What you have to do is market your site and make it visible to the maximum number of people who are likely to make purchases from it. That is genuinely the hardest part of any business. That said, it can be done from anywhere in the world. You also need to keep your site maintained and updated. Even if you are working with a company that handles the site, you still need to be engaged with your customers. Even a turnkey business is not a completely hands-off business. In this case, it just so happens to be a business that is not dependent on your physical location.
Travel Related Businesses
One of the best things about travel-related businesses is that you learn how, not just where to travel. If you are well-traveled, you can share that experience with everyone from anywhere. Travel blogs are extremely popular. And travel guides are surprisingly easy to write. People don’t need to know the history of every leaf in a village. They just want to know about a few good places to stay, a few choice places to eat, and a few fun and interesting things to do in a particular locale.

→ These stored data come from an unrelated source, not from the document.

-- ===== src/Cli/Images/Tags.antt =====
-- The tags that a search lists, `parse_local_oci_tags` of crates/pbox-cli/src/images.rs.
use pbox.Base.{
  ℕ, ◌≡◌, refl, ap, sym, ◌∙◌, subst, inl, inr, Bool, true, false, ◌||◌, Option, some, List, [], ◌∷◌,
  Text, text_eq, text_eq_sound, text_lt, text_lt_asym, text_lt_total, any, take, ok, Bool-cases,
  arith,
}
use pbox.Cli.Images.{}
use pbox.Cli.Images.Terms.{insert_sorted, sort, dedup, listed_tags, parse_local_oci_tags}

abbrev pub has_tag_in : List Text → Text → Bool
has_tag_in tags tag = any (λ other. text_eq other tag) tags

-- No tag is below the one before it.
abbrev Ascending : List Text → Type 0
Ascending [] = Unit {0}
Ascending (tag ∷ []) = Unit {0}
Ascending (tag ∷ next ∷ tags) = (text_lt next tag ≡ false) × Ascending (next ∷ tags)

-- Each tag is above the one before it.
abbrev pub Increasing : List Text → Type 0
Increasing [] = Unit {0}
Increasing (tag ∷ []) = Unit {0}
Increasing (tag ∷ next ∷ tags) = (text_lt tag next ≡ true) × Increasing (next ∷ tags)

insert_sorted-Ascending :
    (tag : Text) (tags : List Text) → Ascending tags → Ascending (insert_sorted tag tags)
insert_sorted-Ascending tag [] a = tt
insert_sorted-Ascending tag (other ∷ []) a = elim (Bool-cases (text_lt other tag)) [
  | inl e ↦ rw e (text_lt_asym other tag e, tt)
  | inr e ↦ rw e (e, tt)
]
insert_sorted-Ascending tag (other ∷ next ∷ tags) (h, a) = elim (Bool-cases (text_lt other tag)) [
  | inr e ↦ rw e (e, (h, a))
  | inl e ↦
      let rest = insert_sorted-Ascending tag (next ∷ tags) a in
      elim (Bool-cases (text_lt next tag)) [
        | inl f ↦ rw (e, f) (h, rw f at rest)
        | inr f ↦ rw (e, f) (text_lt_asym other tag e, (f, a))
      ]
]

sort-Ascending : (tags : List Text) → Ascending (sort tags)
sort-Ascending [] = tt
sort-Ascending (tag ∷ tags) = insert_sorted-Ascending tag (sort tags) (sort-Ascending tags)

has_tag_in-insert_sorted :
    (tag x : Text) (tags : List Text)
    → has_tag_in (insert_sorted tag tags) x ≡ (text_eq tag x || has_tag_in tags x)
has_tag_in-insert_sorted tag x [] = refl
has_tag_in-insert_sorted tag x (other ∷ tags) = ground (arith, has_tag_in-insert_sorted tag x tags)

has_tag_in-sort : (x : Text) (tags : List Text) → has_tag_in (sort tags) x ≡ has_tag_in tags x
has_tag_in-sort x [] = refl
has_tag_in-sort x (tag ∷ tags) =
    has_tag_in-insert_sorted tag x (sort tags)
    ∙ ap (λ b. text_eq tag x || b) (has_tag_in-sort x tags)

has_tag_in-dedup : (x : Text) (tags : List Text) → has_tag_in (dedup tags) x ≡ has_tag_in tags x
unfolding dedup
has_tag_in-dedup x [] = refl
has_tag_in-dedup x (tag ∷ []) = refl
has_tag_in-dedup x (tag ∷ next ∷ tags) =
    let rest = has_tag_in-dedup x (next ∷ tags) in
    elim (Bool-cases (text_eq tag next)) [
      | inr e ↦ rw e (ap (λ b. text_eq tag x || b) rest)
      | inl e ↦
          let same = text_eq_sound tag next e in
          rw e (
            rest
            ∙ subst
                (λ y.
                  (text_eq next x || has_tag_in tags x)
                  ≡ (text_eq y x || (text_eq next x || has_tag_in tags x)))
                (sym same) (ground arith))
    ]

-- What is left of a list that starts with a tag starts with an equal tag.
dedup-first :
    (tag : Text) (tags : List Text) → (rest : List Text) × (dedup (tag ∷ tags) ≡ tag ∷ rest)
unfolding dedup
dedup-first tag [] = ([], refl)
dedup-first tag (next ∷ tags) = elim (Bool-cases (text_eq tag next)) [
  | inr e ↦ (dedup (next ∷ tags), rw e refl)
  | inl e ↦
      let (rest, f) = dedup-first next tags in
      (rest, rw e (f ∙ ap (λ y. y ∷ rest) (sym (text_eq_sound tag next e))))
]

dedup-Increasing : (tags : List Text) → Ascending tags → Increasing (dedup tags)
unfolding dedup
dedup-Increasing [] a = tt
dedup-Increasing (tag ∷ []) a = tt
dedup-Increasing (tag ∷ next ∷ tags) (h, a) =
    let rest = dedup-Increasing (next ∷ tags) a in
    elim (Bool-cases (text_eq tag next)) [
      | inl e ↦ rw e rest
      | inr e ↦
          let (left, f) = dedup-first next tags in
          rw (e, f) (text_lt_total next tag h e, subst Increasing f rest)
    ]

-- The tags that are listed for a reply whose JSON is read: there is a list in which each tag is above the
-- one before it, in the order of strings, and which has exactly the tags of the reply, and the first of
-- its tags are listed, as many as the limit says.
pub parse_local_oci_tags-listed :
    (from_str : Text → Option (List Text)) (value : Text) (limit : ℕ) (tags : List Text)
    → from_str value ≡ some tags
    → (whole : List Text) × Increasing whole
      × ((x : Text) → has_tag_in whole x ≡ has_tag_in tags x)
      × (parse_local_oci_tags from_str value limit ≡ ok (take limit whole))
unfolding parse_local_oci_tags listed_tags
parse_local_oci_tags-listed from_str value limit tags h = (
  dedup (sort tags),
  dedup-Increasing (sort tags) (sort-Ascending tags),
  (λ x. has_tag_in-dedup x (sort tags) ∙ has_tag_in-sort x tags),
  rw h refl,
)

If you are the kind of person who likes to travel, pick up a decent camera and do some photo journaling. There is lots of money to be made in good travel photography. A picture is worth a thousand words, and if good, about that many dollars. While it helps to move between interesting locations, you don’t have to be stationed in any particular location to earn money from your adventures.
Write a Book
If you manage about 3,000 words a day, you will complete your novel in about a month. Appropriate word count varies by genre. At 90,000 words, you’ve got plenty to throw away and still have more than enough for most books. Have you been unemployed for more than a month? That’s a book you could have written. Sure, it may have been a bad book. But bad books become good books with a bit of love and care. Before you get a good book, you have to start with a bad one. Keep moving the cursor to the right. You can do it. Best of all, you don’t even need an internet connection.
Some careers are bound to location. That will never be the case for e-commerce, travel-related businesses, and writing.